• _What is being asked_:
Look through the lines below and copy each one that includes "Schedule".

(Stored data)
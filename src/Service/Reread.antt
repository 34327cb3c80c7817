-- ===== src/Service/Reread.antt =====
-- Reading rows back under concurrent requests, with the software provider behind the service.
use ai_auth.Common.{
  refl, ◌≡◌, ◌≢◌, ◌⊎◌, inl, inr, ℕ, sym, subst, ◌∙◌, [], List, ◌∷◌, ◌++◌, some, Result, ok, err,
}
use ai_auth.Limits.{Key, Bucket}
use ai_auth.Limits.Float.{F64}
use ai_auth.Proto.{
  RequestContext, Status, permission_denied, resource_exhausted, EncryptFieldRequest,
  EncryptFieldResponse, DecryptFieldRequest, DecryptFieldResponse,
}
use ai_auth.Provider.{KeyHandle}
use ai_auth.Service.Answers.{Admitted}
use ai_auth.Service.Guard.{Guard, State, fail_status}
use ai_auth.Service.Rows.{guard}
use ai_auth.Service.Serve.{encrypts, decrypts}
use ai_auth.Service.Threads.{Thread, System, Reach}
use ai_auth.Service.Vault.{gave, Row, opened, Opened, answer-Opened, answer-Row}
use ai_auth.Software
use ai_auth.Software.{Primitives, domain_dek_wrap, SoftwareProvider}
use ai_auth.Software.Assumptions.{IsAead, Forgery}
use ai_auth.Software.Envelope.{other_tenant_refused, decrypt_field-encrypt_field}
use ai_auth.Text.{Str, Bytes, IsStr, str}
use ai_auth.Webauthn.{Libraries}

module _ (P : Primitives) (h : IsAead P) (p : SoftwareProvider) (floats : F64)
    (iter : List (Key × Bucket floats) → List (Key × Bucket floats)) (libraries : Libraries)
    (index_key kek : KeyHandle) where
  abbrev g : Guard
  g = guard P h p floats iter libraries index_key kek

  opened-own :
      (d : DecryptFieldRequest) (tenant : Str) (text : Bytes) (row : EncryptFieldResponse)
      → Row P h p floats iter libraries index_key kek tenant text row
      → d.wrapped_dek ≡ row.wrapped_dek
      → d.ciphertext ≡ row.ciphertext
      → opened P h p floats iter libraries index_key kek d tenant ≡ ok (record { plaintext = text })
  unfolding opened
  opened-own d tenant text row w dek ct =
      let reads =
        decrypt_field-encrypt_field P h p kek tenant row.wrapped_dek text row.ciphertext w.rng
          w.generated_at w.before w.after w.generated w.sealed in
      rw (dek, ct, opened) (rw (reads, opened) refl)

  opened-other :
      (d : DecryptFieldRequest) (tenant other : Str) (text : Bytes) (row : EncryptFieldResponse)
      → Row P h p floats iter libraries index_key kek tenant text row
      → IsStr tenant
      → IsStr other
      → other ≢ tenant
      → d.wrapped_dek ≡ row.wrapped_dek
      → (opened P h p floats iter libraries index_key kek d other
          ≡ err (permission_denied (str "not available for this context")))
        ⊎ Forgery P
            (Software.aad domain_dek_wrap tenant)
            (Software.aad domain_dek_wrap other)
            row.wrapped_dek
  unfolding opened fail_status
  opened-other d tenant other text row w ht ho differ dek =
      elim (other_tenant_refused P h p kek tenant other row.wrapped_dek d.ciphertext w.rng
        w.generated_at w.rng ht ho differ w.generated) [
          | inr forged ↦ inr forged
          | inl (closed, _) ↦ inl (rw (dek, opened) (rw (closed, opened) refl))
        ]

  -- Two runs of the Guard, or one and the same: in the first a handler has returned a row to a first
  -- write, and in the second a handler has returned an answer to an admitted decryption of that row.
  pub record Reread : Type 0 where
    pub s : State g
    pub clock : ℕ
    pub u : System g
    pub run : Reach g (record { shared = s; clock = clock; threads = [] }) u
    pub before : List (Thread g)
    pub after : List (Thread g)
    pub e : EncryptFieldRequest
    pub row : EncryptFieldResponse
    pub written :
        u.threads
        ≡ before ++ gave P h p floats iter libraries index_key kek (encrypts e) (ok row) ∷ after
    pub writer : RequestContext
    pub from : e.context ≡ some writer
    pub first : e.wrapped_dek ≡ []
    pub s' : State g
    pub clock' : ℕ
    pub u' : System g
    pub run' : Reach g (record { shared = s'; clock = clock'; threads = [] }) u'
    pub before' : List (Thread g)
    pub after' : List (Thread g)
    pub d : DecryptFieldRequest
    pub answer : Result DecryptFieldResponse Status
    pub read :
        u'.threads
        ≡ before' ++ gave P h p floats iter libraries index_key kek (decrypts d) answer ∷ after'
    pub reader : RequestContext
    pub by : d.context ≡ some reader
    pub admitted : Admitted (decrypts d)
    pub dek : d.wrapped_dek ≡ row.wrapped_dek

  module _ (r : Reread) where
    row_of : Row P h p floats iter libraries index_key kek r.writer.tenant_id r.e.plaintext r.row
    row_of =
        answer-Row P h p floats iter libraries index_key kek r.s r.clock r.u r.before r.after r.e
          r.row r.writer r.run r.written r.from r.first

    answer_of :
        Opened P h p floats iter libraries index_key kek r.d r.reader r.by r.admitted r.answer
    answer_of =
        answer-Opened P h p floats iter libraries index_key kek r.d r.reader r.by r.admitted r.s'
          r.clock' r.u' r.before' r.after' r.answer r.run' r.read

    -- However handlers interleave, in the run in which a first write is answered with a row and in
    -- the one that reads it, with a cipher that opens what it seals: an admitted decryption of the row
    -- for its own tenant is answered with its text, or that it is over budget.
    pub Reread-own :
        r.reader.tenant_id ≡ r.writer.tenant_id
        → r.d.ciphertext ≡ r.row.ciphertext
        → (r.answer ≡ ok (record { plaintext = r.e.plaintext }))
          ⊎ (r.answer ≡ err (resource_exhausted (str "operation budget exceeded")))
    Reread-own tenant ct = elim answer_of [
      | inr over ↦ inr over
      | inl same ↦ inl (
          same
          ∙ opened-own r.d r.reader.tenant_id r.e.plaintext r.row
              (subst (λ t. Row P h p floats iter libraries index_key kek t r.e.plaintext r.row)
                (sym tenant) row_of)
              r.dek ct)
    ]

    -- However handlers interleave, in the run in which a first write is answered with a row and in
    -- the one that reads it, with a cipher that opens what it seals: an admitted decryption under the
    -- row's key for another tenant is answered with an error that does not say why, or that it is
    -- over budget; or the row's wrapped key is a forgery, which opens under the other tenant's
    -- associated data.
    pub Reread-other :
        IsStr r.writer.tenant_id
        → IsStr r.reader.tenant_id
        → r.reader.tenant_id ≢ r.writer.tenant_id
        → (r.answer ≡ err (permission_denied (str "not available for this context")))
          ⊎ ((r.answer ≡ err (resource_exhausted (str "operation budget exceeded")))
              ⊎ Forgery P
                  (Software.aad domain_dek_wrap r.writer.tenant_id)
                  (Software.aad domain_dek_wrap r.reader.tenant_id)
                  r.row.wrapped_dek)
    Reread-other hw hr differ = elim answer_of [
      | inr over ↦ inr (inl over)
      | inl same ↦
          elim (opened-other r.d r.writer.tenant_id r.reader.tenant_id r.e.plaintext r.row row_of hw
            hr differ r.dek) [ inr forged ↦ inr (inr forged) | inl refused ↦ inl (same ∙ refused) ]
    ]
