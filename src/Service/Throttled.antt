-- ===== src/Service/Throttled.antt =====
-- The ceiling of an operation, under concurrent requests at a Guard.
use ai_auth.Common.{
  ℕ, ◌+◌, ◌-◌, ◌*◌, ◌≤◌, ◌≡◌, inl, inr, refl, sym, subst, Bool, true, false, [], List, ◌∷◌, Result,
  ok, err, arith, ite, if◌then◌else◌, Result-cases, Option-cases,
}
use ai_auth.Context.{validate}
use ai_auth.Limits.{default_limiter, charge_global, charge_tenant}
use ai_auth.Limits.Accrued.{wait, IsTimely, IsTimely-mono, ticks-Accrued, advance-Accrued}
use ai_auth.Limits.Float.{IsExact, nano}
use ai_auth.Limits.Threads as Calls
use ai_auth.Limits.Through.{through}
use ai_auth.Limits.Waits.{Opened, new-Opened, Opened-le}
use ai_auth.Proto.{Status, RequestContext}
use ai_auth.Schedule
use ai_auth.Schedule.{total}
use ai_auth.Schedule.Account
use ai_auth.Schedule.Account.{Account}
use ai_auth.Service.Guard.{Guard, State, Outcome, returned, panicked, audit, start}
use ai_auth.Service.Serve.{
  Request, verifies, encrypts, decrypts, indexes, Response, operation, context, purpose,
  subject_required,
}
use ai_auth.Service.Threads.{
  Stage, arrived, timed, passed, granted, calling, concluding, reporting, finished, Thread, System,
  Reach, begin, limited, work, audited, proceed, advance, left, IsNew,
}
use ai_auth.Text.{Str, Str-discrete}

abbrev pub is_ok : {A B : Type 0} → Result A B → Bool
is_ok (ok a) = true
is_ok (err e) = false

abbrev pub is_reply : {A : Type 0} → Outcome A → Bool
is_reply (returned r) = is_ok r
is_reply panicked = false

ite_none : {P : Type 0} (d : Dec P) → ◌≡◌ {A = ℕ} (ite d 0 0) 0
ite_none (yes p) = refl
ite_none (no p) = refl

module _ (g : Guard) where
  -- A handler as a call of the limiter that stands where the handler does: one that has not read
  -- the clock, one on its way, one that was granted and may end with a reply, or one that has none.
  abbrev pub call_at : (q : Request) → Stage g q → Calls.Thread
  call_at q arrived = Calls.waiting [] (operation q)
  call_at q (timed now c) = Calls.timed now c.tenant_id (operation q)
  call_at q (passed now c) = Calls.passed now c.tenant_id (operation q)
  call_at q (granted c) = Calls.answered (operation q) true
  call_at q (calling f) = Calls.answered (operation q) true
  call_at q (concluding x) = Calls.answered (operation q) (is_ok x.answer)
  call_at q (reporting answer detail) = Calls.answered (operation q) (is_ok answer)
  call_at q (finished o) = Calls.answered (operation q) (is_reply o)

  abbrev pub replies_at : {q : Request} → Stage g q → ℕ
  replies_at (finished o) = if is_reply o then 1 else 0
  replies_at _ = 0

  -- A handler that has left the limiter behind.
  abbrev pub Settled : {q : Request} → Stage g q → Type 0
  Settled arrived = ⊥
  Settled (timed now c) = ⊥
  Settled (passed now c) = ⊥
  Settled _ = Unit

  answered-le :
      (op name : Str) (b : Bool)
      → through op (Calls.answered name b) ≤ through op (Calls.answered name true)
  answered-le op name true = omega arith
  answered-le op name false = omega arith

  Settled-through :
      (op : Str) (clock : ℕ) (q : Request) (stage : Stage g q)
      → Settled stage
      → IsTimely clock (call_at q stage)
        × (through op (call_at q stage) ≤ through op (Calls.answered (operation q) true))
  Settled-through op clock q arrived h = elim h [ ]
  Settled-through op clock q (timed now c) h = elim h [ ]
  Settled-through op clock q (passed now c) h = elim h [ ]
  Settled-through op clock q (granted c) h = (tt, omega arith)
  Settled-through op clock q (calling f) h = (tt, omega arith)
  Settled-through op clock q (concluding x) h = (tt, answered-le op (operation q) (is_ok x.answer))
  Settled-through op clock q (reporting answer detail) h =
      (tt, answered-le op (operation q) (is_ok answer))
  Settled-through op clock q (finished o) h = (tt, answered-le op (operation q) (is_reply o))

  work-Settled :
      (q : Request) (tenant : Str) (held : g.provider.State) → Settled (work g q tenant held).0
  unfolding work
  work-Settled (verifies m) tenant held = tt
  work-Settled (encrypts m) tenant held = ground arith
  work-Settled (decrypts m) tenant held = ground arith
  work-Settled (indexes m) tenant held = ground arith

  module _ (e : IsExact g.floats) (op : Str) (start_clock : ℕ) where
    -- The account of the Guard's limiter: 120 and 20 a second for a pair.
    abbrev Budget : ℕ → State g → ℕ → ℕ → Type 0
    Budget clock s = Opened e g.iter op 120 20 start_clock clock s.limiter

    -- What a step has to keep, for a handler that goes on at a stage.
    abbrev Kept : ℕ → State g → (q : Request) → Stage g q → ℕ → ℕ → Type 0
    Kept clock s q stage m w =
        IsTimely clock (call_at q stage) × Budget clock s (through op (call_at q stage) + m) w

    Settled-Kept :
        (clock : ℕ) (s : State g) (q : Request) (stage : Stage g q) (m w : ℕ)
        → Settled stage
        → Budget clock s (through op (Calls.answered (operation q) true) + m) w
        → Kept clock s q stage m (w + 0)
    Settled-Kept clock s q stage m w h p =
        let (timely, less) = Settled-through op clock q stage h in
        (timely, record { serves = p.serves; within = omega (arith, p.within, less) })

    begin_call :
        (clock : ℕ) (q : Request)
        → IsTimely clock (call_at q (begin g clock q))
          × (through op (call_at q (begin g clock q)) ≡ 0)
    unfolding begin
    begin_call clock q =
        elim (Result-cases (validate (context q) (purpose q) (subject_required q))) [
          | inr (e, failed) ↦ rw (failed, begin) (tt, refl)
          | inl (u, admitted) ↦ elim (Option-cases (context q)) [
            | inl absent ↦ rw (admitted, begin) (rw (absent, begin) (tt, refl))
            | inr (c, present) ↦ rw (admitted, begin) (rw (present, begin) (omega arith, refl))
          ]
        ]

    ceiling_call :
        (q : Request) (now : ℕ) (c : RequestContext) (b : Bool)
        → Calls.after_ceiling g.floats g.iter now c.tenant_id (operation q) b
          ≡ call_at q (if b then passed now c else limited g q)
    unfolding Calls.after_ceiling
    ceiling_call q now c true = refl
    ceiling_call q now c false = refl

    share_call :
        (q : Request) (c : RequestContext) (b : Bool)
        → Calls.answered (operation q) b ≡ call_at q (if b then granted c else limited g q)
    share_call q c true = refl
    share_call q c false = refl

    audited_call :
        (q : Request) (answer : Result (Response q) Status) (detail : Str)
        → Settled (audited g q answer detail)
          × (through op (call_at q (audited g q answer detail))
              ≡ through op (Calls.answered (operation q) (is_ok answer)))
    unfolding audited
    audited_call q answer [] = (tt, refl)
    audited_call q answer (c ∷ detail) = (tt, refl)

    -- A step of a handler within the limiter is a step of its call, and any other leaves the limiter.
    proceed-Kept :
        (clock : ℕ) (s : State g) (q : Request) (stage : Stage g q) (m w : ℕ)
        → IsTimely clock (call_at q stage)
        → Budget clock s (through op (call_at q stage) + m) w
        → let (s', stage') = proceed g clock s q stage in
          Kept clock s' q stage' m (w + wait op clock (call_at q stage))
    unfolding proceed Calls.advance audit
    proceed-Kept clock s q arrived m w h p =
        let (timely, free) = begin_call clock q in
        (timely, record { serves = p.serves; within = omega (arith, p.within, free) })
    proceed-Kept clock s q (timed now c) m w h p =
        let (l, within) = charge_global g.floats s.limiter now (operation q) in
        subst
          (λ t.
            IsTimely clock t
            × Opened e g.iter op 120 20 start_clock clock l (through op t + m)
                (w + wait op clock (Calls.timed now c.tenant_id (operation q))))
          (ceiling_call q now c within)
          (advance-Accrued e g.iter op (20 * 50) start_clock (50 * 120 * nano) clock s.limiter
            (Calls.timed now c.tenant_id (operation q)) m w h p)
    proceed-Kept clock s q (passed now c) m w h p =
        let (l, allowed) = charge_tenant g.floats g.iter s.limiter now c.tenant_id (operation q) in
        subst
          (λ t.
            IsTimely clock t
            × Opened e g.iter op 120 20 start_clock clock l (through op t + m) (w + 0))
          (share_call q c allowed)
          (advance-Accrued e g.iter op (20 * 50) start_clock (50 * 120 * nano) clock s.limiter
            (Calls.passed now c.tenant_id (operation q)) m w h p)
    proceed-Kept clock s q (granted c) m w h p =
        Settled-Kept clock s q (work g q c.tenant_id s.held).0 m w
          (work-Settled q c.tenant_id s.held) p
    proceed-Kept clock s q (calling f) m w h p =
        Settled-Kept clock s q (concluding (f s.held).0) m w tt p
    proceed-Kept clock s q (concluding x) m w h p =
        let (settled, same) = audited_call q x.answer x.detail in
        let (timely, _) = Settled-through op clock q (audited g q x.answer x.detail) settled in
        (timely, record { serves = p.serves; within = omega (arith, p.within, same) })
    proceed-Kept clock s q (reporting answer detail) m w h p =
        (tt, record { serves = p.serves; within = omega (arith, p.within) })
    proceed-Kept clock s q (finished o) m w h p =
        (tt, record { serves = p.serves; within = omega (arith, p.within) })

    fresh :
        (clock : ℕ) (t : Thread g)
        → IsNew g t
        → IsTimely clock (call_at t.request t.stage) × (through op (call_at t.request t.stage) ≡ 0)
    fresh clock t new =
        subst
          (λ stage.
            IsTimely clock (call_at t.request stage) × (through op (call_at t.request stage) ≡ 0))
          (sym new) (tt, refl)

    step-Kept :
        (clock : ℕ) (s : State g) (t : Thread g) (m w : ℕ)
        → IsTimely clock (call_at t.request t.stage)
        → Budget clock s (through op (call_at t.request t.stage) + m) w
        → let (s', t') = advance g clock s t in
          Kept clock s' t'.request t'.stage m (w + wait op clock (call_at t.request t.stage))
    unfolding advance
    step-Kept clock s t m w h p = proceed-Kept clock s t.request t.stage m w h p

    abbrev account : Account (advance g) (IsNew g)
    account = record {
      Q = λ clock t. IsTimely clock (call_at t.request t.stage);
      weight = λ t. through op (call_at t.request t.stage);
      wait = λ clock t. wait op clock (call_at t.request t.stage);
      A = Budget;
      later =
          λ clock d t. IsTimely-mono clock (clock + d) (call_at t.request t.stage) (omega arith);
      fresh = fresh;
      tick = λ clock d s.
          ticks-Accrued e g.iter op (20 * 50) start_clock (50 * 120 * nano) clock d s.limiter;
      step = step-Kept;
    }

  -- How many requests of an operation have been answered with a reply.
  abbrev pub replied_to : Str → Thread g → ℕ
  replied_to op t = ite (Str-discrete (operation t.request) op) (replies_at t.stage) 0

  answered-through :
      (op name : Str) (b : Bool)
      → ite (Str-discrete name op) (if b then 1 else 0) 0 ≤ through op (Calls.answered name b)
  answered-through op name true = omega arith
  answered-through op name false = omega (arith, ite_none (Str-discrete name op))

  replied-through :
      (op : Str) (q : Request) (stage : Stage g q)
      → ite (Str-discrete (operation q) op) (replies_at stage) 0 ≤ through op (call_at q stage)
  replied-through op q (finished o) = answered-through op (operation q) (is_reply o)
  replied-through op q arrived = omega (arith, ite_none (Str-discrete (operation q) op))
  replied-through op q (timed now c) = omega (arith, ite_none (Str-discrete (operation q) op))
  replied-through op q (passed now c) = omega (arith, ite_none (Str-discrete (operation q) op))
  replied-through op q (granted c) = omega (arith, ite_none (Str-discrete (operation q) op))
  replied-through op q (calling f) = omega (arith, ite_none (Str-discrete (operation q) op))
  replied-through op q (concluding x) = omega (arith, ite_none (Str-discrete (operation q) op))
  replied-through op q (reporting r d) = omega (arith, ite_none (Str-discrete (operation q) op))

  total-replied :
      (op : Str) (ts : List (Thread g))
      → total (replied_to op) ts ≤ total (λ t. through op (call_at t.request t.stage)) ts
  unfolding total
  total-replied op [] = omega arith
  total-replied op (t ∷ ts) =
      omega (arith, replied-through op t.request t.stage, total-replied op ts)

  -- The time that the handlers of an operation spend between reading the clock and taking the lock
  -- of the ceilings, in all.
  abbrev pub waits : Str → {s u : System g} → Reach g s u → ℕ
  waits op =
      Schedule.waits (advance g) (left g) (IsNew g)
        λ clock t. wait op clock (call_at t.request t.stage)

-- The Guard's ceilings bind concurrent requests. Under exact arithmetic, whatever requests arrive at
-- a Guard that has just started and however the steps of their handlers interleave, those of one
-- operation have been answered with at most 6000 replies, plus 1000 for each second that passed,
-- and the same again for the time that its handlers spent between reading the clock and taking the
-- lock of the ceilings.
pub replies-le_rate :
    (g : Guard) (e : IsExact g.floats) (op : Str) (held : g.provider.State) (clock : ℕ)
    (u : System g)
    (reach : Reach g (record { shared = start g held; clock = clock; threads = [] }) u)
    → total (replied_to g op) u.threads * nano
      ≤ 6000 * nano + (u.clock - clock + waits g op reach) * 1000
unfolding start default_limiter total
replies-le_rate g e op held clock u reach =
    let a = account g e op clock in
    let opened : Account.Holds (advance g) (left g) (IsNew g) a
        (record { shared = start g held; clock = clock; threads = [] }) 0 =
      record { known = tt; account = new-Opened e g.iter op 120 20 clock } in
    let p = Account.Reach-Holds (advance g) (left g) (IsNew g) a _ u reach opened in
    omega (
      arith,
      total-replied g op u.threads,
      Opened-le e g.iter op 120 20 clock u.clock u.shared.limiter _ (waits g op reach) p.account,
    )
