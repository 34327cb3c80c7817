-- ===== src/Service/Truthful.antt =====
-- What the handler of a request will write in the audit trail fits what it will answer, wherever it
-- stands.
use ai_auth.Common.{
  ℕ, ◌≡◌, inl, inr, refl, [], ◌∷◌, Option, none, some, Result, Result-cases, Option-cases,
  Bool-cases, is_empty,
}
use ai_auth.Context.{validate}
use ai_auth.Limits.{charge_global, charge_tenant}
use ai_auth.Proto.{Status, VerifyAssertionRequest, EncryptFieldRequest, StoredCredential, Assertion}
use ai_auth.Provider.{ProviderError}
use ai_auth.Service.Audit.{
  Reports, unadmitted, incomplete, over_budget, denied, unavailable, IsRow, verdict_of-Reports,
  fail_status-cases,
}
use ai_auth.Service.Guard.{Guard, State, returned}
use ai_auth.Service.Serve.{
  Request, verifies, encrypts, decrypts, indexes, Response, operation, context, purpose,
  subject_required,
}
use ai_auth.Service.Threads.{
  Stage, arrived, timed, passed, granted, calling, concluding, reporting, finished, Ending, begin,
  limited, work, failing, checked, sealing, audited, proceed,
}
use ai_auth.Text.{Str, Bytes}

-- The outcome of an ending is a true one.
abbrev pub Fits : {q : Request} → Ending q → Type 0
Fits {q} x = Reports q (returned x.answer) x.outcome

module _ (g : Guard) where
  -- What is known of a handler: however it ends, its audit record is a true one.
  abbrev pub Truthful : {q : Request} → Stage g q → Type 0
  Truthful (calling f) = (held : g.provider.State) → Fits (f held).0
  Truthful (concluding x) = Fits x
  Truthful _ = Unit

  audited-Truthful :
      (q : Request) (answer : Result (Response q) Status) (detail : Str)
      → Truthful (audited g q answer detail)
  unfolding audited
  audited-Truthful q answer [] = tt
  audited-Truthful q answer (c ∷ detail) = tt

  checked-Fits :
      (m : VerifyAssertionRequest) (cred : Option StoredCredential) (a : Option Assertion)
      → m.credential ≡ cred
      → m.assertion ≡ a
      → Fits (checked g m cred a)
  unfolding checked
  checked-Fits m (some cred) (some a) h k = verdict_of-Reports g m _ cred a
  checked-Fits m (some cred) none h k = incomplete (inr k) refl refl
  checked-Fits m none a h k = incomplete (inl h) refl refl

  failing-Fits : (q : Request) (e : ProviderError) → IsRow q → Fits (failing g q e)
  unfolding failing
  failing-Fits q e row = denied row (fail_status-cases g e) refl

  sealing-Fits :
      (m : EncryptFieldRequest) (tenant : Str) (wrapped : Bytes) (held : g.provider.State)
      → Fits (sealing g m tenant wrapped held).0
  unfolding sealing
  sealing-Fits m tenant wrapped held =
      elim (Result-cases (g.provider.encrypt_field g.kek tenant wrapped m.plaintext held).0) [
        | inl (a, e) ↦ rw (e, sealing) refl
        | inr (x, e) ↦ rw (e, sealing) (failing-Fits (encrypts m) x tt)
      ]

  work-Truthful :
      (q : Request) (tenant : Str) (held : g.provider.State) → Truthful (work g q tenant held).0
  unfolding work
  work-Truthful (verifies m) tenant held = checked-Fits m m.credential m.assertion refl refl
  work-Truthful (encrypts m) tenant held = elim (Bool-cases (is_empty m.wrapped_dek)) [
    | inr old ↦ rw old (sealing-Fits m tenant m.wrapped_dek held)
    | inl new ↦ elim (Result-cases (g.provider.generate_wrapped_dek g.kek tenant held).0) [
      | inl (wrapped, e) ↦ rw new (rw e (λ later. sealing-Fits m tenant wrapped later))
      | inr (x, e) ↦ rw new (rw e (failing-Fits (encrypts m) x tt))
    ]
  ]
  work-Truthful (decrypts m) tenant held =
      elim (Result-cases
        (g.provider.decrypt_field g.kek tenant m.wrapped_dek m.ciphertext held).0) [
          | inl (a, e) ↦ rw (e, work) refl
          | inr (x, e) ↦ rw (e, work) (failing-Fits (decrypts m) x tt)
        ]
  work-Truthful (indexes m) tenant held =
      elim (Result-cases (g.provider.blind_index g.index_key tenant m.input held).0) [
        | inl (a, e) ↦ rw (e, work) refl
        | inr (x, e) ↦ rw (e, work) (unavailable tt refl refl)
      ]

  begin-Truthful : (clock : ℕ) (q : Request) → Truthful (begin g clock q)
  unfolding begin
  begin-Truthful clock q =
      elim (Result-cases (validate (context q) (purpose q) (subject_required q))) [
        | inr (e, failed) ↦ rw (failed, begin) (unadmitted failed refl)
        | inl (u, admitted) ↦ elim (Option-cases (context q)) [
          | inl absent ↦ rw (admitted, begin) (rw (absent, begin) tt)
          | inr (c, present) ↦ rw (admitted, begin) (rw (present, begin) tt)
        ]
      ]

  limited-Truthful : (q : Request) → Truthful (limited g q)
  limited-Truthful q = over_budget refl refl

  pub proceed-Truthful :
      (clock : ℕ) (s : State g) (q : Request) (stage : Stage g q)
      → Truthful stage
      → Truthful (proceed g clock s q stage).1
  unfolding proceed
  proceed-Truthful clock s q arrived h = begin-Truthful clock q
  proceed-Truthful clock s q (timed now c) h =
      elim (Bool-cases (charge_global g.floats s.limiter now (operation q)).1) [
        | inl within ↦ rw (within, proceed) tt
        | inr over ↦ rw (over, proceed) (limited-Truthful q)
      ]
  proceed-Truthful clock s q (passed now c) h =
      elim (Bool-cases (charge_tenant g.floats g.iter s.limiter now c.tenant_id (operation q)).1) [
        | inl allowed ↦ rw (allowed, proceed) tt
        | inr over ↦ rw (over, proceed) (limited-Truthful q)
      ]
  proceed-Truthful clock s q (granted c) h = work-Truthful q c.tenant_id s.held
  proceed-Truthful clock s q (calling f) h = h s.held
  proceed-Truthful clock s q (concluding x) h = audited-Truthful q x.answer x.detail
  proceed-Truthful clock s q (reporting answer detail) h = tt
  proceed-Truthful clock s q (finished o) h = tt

• _Written response_:
use ai_auth.Schedule
use ai_auth.Schedule.{total}
use ai_auth.Schedule.Account
use ai_auth.Schedule.Account.{Account}
      Schedule.waits (advance g) (left g) (IsNew g)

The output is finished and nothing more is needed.